Contributed By Walkers
Irish private companies are prohibited under Irish company law from offering debt securities to the public. Irish company law does prescribe some exceptions to this general rule, which are as follows:
(i) an offer of debentures addressed solely to qualified investors;
(ii) an offer of debentures addressed to fewer than 150 persons, other than qualified investors;
(iii) an offer of debentures addressed to investors who acquire securities for a total consideration of at least EUR100,000 per investor, for each separate offer;
(iv) an offer of debentures whose denomination per unit amounts to at least EUR100,000;
(v) an offer of debentures with a total consideration in the European Union less than EUR100,000, which shall be calculated over a period of 12 months;
an allotment of debentures, or an agreement to make such an allotment, with a view to those debentures being the subject of any one or more of the offers referred to in paragraphs (i) to (v) above.

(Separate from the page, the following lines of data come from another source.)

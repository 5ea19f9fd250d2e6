-- ===== src/Layout/Retile.antt =====
-- Exchanging the blocks of a range for others that fill the same range.
use cs0330_fall2022_7_malloc.Base.{
  ℕ, ◌+◌, ◌≤◌, ◌<◌, ◌≡◌, List, [], ◌∷◌, ◌++◌, arith, ◌⊎◌, inl, inr, ◌∙◌, count, count-append,
  count_self, SameItems, lt-cases,
}
use cs0330_fall2022_7_malloc.Machine.{Mem, State}
use cs0330_fall2022_7_malloc.Machine.Bytes.{read_agree}
use cs0330_fall2022_7_malloc.Layout.{Blocks, span, Heap, Heap-end, Heap-split, Heap-join, frees}
use cs0330_fall2022_7_malloc.Layout.Frame.{Heap-frame}
use cs0330_fall2022_7_malloc.Layout.Place.{frees-block, frees-lower}
use cs0330_fall2022_7_malloc.Layout.Sound.{Sound}
use cs0330_fall2022_7_malloc.FreeList.Ring.{flink, blink, Seg-frame, IsRing, FreeRing}

-- The memories agree outside the bytes from `q` to `c`.
abbrev pub SameOutside : ℕ → ℕ → Mem → Mem → Type 0
SameOutside q c m m' = (a : ℕ) → ((a < q) ⊎ (c ≤ a)) → m' a ≡ m a

-- The free blocks before and after a range.
abbrev pub others : ℕ → Blocks → ℕ → Blocks → List ℕ
others p xs c ys = frees p xs ++ frees c ys

pub FreeRing-same :
    {m : Mem} {first : ℕ} {fs : List ℕ} (fs' : List ℕ)
    → SameItems fs fs'
    → FreeRing m first fs
    → FreeRing m first fs'
FreeRing-same fs' same r = record {
  ring = r.ring;
  is_ring = r.is_ring;
  same = λ x. r.same x ∙ same x;
}

-- A ring is kept by a change that spares the links of its blocks.
IsRing-frame :
    (m m' : Mem) (first : ℕ) (ring : List ℕ)
    → ((x : ℕ) → 0 < count x ring → (flink m' x ≡ flink m x) × (blink m' x ≡ blink m x))
    → IsRing m first ring
    → IsRing m' first ring
IsRing-frame m m' first [] same is = is
IsRing-frame m m' first (r ∷ rs) same is = (
  is.0,
  Seg-frame m m' r rs r (λ x i. (same x i).0) (λ x i. (same x (omega arith)).1)
      (same r (omega (arith, count_self r rs))).1 is.1,
)

pub FreeRing-frame :
    {m : Mem} (m' : Mem) {first : ℕ} {fs : List ℕ} (q c : ℕ)
    → SameOutside q c m m'
    → ((x : ℕ) → 0 < count x fs → ((x + 32 ≤ q) ⊎ (c ≤ x)))
    → FreeRing m first fs
    → FreeRing m' first fs
FreeRing-frame {m} m' {first} q c same out r = record {
  ring = r.ring;
  is_ring =
      IsRing-frame m m' first r.ring
        (λ x i.
          let away = out x (omega (arith, r.same x)) in
          (
            read_agree 8 m m' (x + 8)
                (λ a lo hi. same a (beside x a away (omega arith) (omega arith))),
            read_agree 8 m m' (x + 16)
                (λ a lo hi. same a (beside x a away (omega arith) (omega arith))),
          ))
        r.is_ring;
  same = r.same;
}
  where
    beside : (x a : ℕ) → ((x + 32 ≤ q) ⊎ (c ≤ x)) → x ≤ a → a < x + 32 → ((a < q) ⊎ (c ≤ a))
    beside x a (inl h) lo hi = inl (omega arith)
    beside x a (inr h) lo hi = inr (omega arith)

module _ {s : State} (xs mid ys : Blocks) (sound : Sound s (xs ++ (mid ++ ys))) where
  from : ℕ
  from = s.mem_start_brk + span xs

  upto : ℕ
  upto = from + span mid

  parts :
      Heap s.mem from s.mem_start_brk xs × Heap s.mem upto from mid × Heap s.mem s.mem_brk upto ys
  unfolding from upto
  parts =
      let (front, rest) = Heap-split s.mem_start_brk xs (mid ++ ys) sound.heap in
      let (middle, back) = Heap-split (s.mem_start_brk + span xs) mid ys rest in
      (front, middle, back)

  pub middle : Heap s.mem (s.mem_start_brk + span xs + span mid) (s.mem_start_brk + span xs) mid
  unfolding from upto
  middle = parts.1

  pub upto-le : s.mem_start_brk + span xs + span mid ≤ s.mem_brk
  unfolding from upto
  upto-le = omega (arith, Heap-end parts.2)

  pub others-outside :
      (x : ℕ)
      → 0 < count x (others s.mem_start_brk xs (s.mem_start_brk + span xs + span mid) ys)
      → (x + 32 ≤ s.mem_start_brk + span xs) ⊎ (s.mem_start_brk + span xs + span mid ≤ x)
  unfolding from upto
  others-outside x i =
      let p = s.mem_start_brk in
      elim (lt-cases 0 (count x (frees p xs))) [
        | inl front ↦ let (n, at, links, lo, hi) = frees-block x parts.0 front in inl (omega arith)
        | inr none ↦ inr (
            frees-lower x parts.2
              (omega (arith, count-append x (frees p xs) (frees (p + span xs + span mid) ys))))
      ]

  pub Sound-retile :
      (mid' : Blocks) (m' : Mem)
      → SameOutside (s.mem_start_brk + span xs) (s.mem_start_brk + span xs + span mid) s.mem m'
      → Heap m' (s.mem_start_brk + span xs + span mid) (s.mem_start_brk + span xs) mid'
      → Sound (record s { mem = m' }) (xs ++ (mid' ++ ys))
  unfolding from upto
  Sound-retile mid' m' same new = record {
    heap =
        Heap-join (Heap-frame m' (λ a lo hi. same a (inl hi)) parts.0)
          (Heap-join new (Heap-frame m' (λ a lo hi. same a (inr lo)) parts.2));
    low = sound.low;
    top = sound.top;
  }

  pub FreeRing-retile :
      (m' : Mem) {first : ℕ}
      → SameOutside (s.mem_start_brk + span xs) (s.mem_start_brk + span xs + span mid) s.mem m'
      → FreeRing s.mem first (others s.mem_start_brk xs (s.mem_start_brk + span xs + span mid) ys)
      → FreeRing m' first (others s.mem_start_brk xs (s.mem_start_brk + span xs + span mid) ys)
  FreeRing-retile m' same r =
      FreeRing-frame m' (s.mem_start_brk + span xs) (s.mem_start_brk + span xs + span mid) same
        others-outside r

Irish public companies can offer debt securities to the public.
Irish limited companies (“LTDs”) cannot apply to have or have securities admitted to trading or listed on any market, whether regulated or not in Ireland or abroad. This restriction does not apply to Irish designated activity companies (“DACs”) or Irish public limited companies (“PLCs”).
Offering documents in respect of debt securities to be issued by Irish issuers will typically include a suite of selling restrictions.